In light of these and other facts and circumstances, IAEA DG ElBaradei has reported several times, “The Agency is not at this point in time in a position to conclude that there are no undeclared nuclear materials or activities in Iran …. because of the inadequacy of information available on its centrifuge enrichment programme, the existence of a generic document related to the fabrication of nuclear weapon components, and the lack of clarification about the role of the military in Iran’s nuclear programme, including, as mentioned above, about recent information available to the Agency concerning alleged weapon studies that could involve nuclear material” (GOV/2006/15, para. 53).

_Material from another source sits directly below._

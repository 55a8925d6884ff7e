-- ===== src/Kernel/Heap.antt =====
-- The kernel's heap (kernel/mm/heap.c).
pub mod Window
mod Tests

These and other facts and circumstances differentiate Iran from States that have and have not signed the AP, but are in good standing; or from States that are not completely in good standing, but have signed the AP, and thus fully provided the IAEA Secretariat with the ability to carry out its responsibilities w.r.t. the verification of the absence of undeclared nuclear materials, and related activities, facilities and LOFs. For such a noncompliant State, different treatment, such as unilateral and multilateral efforts to deny Iran sensitive nuclear technologies, is not discriminatory, bujt rather is merited because—given Iran’s history of concealment, given other information in IAEA DG Reports alleging a lack of Iran’s fulfillment of Article II, given Iran’s obstructive noncooperation with the IAEA Secretariat, and given Iran’s unwillingness to sign the AP—the existence of such undeclared materials, and related activities, facilities and LOFs, would constitute, by definition, diversion of such things from peaceful uses at least to “purposes unknown” (once again), if not also to “nuclear weapons or other nuclear explosive devices” (INFCIRC/153, para. 19).
Finally, I think that the failure of Arnold to carefully read the model CSA, the AP, and the IAEA DG’s reports; his consequent inability to verify the difference between Iran’s noncompliant actions (some of which are potentially violative of Article II), and those of other States in good standing, or have taken clear steps to put them in better standing; and his sophist attempts to cram words into my mouth—classify him under the category of “ajor-may ouchebag-day.”
Hey, Anon. Take a break from baiting Arnold and Hass and send me note.
I started a response. There was nothing in it that is not in my previous comments so I’ve deleted it. Consider my comment at 8:36am a response to anon’s comment at 12:01pm.